Top of flower soil i come river gravel 2 to 4 mm, river gravel is not sharp kabter they are fine and around, 5 cm in front and 10 to 15 cm at the back,you can shape the bottom as you like.

I used 20 kg red clay, which i made small balls of the same size as 2 to 3 cm , red clay contains some iron, which is good for plants, is also a good ion exchanger.
A nice layer all the way down to the bottom of the tank before you get flowers soil in, part of it to get flowers soil perferably 5 cm into the medium, the rest is distributed around the plant root when the sand comes in the aquarium.
Forgot to straight ofcause red clay is dried in the sun before it enteres the aquarium.

Then we come to the water, i use 75% rain water and 25% tap water, it gives a Kh 4 to 5 in our area , it means that the water Ph is very constant , at 6,5, it has meant that i did not struggle with algea at all in the 5 year it has existed, i switch 100 L per month, 75 L rainwater 25 L tap water, so much around the water.

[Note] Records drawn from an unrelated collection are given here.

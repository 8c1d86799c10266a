-- ===== src/Proc/Search.antt =====
-- What the searches in the process table find.
use os.Prelude.{
  ℕ, zero, suc, ◌+◌, ◌<◌, ◌≤◌, ◌≡◌, ◌≢◌, ◌⊎◌, inl, inr, refl, ap, Bool, true, false, ◌&&◌, ◌||◌,
  Option, none, some, ◌==◌, if◌then◌else◌, arith, Bool-cases,
}
use native.Mathlib.Decide.{ℕ_discrete}
use os.Proc.{
  Table, nproc, unused, sleeping, runnable, zombie, set_proc, find_unused, Scan, reap, copy_fails,
  kids, scan, kill_loop, kkill,
}

-- the first free entry of a range, or none
abbrev pub Found : ℕ → ℕ → Table → Option ℕ → Type 0
Found i hi t none = (k : ℕ) → i ≤ k → k < hi → (t.proc k).state ≢ unused
Found i hi t (some j) = (i ≤ j) × (j < hi) × ((t.proc j).state ≡ unused)

pub find_unused-Found : (left i : ℕ) (t : Table) → Found i (i + left) t (find_unused left i t)
unfolding find_unused
find_unused-Found zero i t = λ k lo hi. absurd (omega arith)
find_unused-Found (suc left) i t = elim (Bool-cases ((t.proc i).state == unused)) [
  | inl e ↦ rw e (omega arith, omega arith, ground arith)
  | inr e ↦ rw e (next (find_unused left (i + 1) t) e (find_unused-Found left (i + 1) t))
]
  where
    next :
        (o : Option ℕ)
        → ((t.proc i).state == unused) ≡ false
        → Found (i + 1) (i + 1 + left) t o
        → Found i (i + suc left) t o
    next none e q = λ k lo hi. elim (ℕ_discrete k i) [
      | yes eq ↦ rw eq (ground arith)
      | no ne ↦ q k (omega arith) (omega arith)
    ]
    next (some j) e q = (omega (arith, q.0), omega (arith, q.1), q.2)

-- a child of `me` that has exited
abbrev pub IsDead : ℕ → Table → ℕ → Type 0
IsDead me t k = ((t.proc k).parent ≡ me) × ((t.proc k).state ≡ zombie)

module _ (copy : ℕ → Bool) (me : ℕ) where
  abbrev pub Scanned : ℕ → ℕ → Bool → Table → Scan → Type 0
  Scanned i hi have t (reap j) =
      (i ≤ j) × (j < hi) × IsDead me t j × (copy (t.proc j).xstate ≡ true)
  Scanned i hi have t (copy_fails j) =
      (i ≤ j) × (j < hi) × IsDead me t j × (copy (t.proc j).xstate ≡ false)
  Scanned i hi have t (kids b) =
      ((k : ℕ) → i ≤ k → k < hi → ¬ IsDead me t k)
      × (b ≡ false → (have ≡ false) × ((k : ℕ) → i ≤ k → k < hi → (t.proc k).parent ≢ me))
      × (b ≡ true → (have ≡ true) ⊎ ((k : ℕ) × (i ≤ k) × (k < hi) × ((t.proc k).parent ≡ me)))

  scan_next :
      (left i : ℕ) (have : Bool) (t : Table) (r : Scan)
      → ((t.proc i).parent == me && (t.proc i).state == zombie) ≡ false
      → Scanned (i + 1) (i + 1 + left) ((t.proc i).parent == me || have) t r
      → Scanned i (i + suc left) have t r
  scan_next left i have t (reap j) e q = (omega (arith, q.0), omega (arith, q.1), q.2, q.3)
  scan_next left i have t (copy_fails j) e q = (omega (arith, q.0), omega (arith, q.1), q.2, q.3)
  scan_next left i have t (kids b) e q = (
    λ k lo hi dead. elim (ℕ_discrete k i) [
      | yes eq ↦ absurd (ground (arith, eq, ap t.proc eq, dead.0, dead.1))
      | no ne ↦ q.0 k (omega arith) (omega arith) dead
    ],
    λ no_kids.
        let none_left = q.1 no_kids in
        (
          ground (arith, none_left.0),
          λ k lo hi p. elim (ℕ_discrete k i) [
            | yes eq ↦ absurd (ground (arith, eq, ap t.proc eq, none_left.0))
            | no ne ↦ none_left.1 k (omega arith) (omega arith) p
          ],
        ),
    λ some_kids. elim (q.2 some_kids) [
      | inr (k, lo, hi, p) ↦ inr (k, omega arith, omega arith, p)
      | inl h ↦ elim (Bool-cases ((t.proc i).parent == me)) [
        | inl child ↦ inr (i, omega arith, omega arith, ground arith)
        | inr other ↦ inl (ground arith)
      ]
    ],
  )

  pub scan-Scanned :
      (left i : ℕ) (have : Bool) (t : Table)
      → Scanned i (i + left) have t (scan copy me left i have t)
  unfolding scan
  scan-Scanned zero i have t =
      (λ k lo hi. absurd (omega arith), λ e. (e, λ k lo hi. absurd (omega arith)), λ e. inl e)
  scan-Scanned (suc left) i have t =
      elim (Bool-cases ((t.proc i).parent == me && (t.proc i).state == zombie)) [
        | inl dead ↦ elim (Bool-cases (copy (t.proc i).xstate)) [
          | inl c ↦ rw (dead, c) (omega arith, omega arith, (ground arith, ground arith), c)
          | inr c ↦ rw (dead, c) (omega arith, omega arith, (ground arith, ground arith), c)
        ]
        | inr alive ↦ rw alive (
            scan_next left i have t _ alive
              (scan-Scanned left (i + 1) ((t.proc i).parent == me || have) t))
      ]

-- kkill() marks and wakes the first process with the pid
unfoldable pub Killed : ℕ → ℕ → ℕ → Table → Bool × Table → Type 0
Killed pid i hi t (false, u) = (u ≡ t) × ((k : ℕ) → i ≤ k → k < hi → (t.proc k).pid ≢ pid)
Killed pid i hi t (true, u) =
    (j : ℕ) × (i ≤ j)
    × (j < hi)
    × ((t.proc j).pid ≡ pid)
    × (u
        ≡ set_proc t j (record (t.proc j) {
          killed = true;
          state = if (t.proc j).state == sleeping then runnable else (t.proc j).state;
        }))

kill_loop-Killed : (pid left i : ℕ) (t : Table) → Killed pid i (i + left) t (kill_loop pid left i t)
unfolding kill_loop Killed
kill_loop-Killed pid zero i t = (refl, λ k lo hi. absurd (omega arith))
kill_loop-Killed pid (suc left) i t = elim (Bool-cases ((t.proc i).pid == pid)) [
  | inl e ↦ rw e (i, omega arith, omega arith, ground arith, refl)
  | inr e ↦ rw e (next (kill_loop pid left (i + 1) t) e (kill_loop-Killed pid left (i + 1) t))
]
  where
    next :
        (r : Bool × Table)
        → ((t.proc i).pid == pid) ≡ false
        → Killed pid (i + 1) (i + 1 + left) t r
        → Killed pid i (i + suc left) t r
    next (false, u) e q = (
      q.0,
      λ k lo hi. elim (ℕ_discrete k i) [
        | yes eq ↦ rw eq (ground arith)
        | no ne ↦ q.1 k (omega arith) (omega arith)
      ],
    )
    next (true, u) e q = (q.0, omega (arith, q.1), omega (arith, q.2), q.3, q.4)

-- kkill() returns 0 for a pid in the table, after it has marked one process of that pid and made it
-- runnable if it slept; otherwise it returns -1 and changes nothing.
pub kkill-Killed : (pid : ℕ) (t : Table) → Killed pid 0 nproc t (kkill pid t)
unfolding kkill
kkill-Killed pid t = kill_loop-Killed pid nproc 0 t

As i said, i have not had any probiems with anything in the 5 years it has ben running, i know that it is not Low-Tech 100 % but this is as close to the real thing

The light is LED light most cool white, there are 60 pieces with 30 LED light on each, 12 wolt 2,1 watts which together provide 126 watt, it`s not much to 720 L but it works perfectly, on 9 hours from 10.30 to 19.30 

I fertilize 1 time per week with micro fertilizer and once a week with nitrate KNo3 no co2 no easy carpo.

The plants are some that do not require as much light ofcause.

Technique Eheim cannister filter 2300 L per hour 2 pcs sirkulations pumps in the aquarium of 2000 and 4200 L per hour 1 pc heater 300 watt.

I can then add, it is the first aquarium I`ve had.

I also have a tank of 120 L with Wild guppies, and shrimp it tuns 100% Walstad no fertilizer only feed.

I save the fish and plants for the next time.

Kjeld


----------



## Bardus71 (Sep 29, 2011)

Hi again Kjeld, that's a very good effort for your first tank :clap2:

"it is allowed to stand for 2 to 3 weeks in a container, without water , just damp, with a protective cloth or plastic, so there will be a culture of flowers compost that will benefit the plants when it comes to the aquarium, a good start."​
I really like this idea, to give the bacteria a good start before flooding the tank. I am unsure of what you did with the red clay balls though. Did you put them at the bottom of the tank, then put the potting soil on top of it, then sand, then more red clay balls around the base of the plants that you are growing?

I look forward to your next post, maybe even some more pictures? 

_______

Hej igen Kjeld, det er en meget god indsats for din første tank :clap2:

"det er tilladt at stå i 2 til 3 uger i en beholder, uden vand, bare fugtigt, med en beskyttende klud eller plastic, så der vil være en kultur af blomster kompost, som vil gavne planterne, når det kommer til akvarium, en god start. "​Jeg kan virkelig godt lide denne idé, at give bakterier en god start før oversvømmelser tanken. Jeg er usikker på, hvad du gjorde med de røde ler bolde selv. Vidste du lægger dem i bunden af tanken, og derefter sætte den pottemuld på toppen af det, så sand, så er mere røde ler bolde rundt i bunden af de planter, du vokser?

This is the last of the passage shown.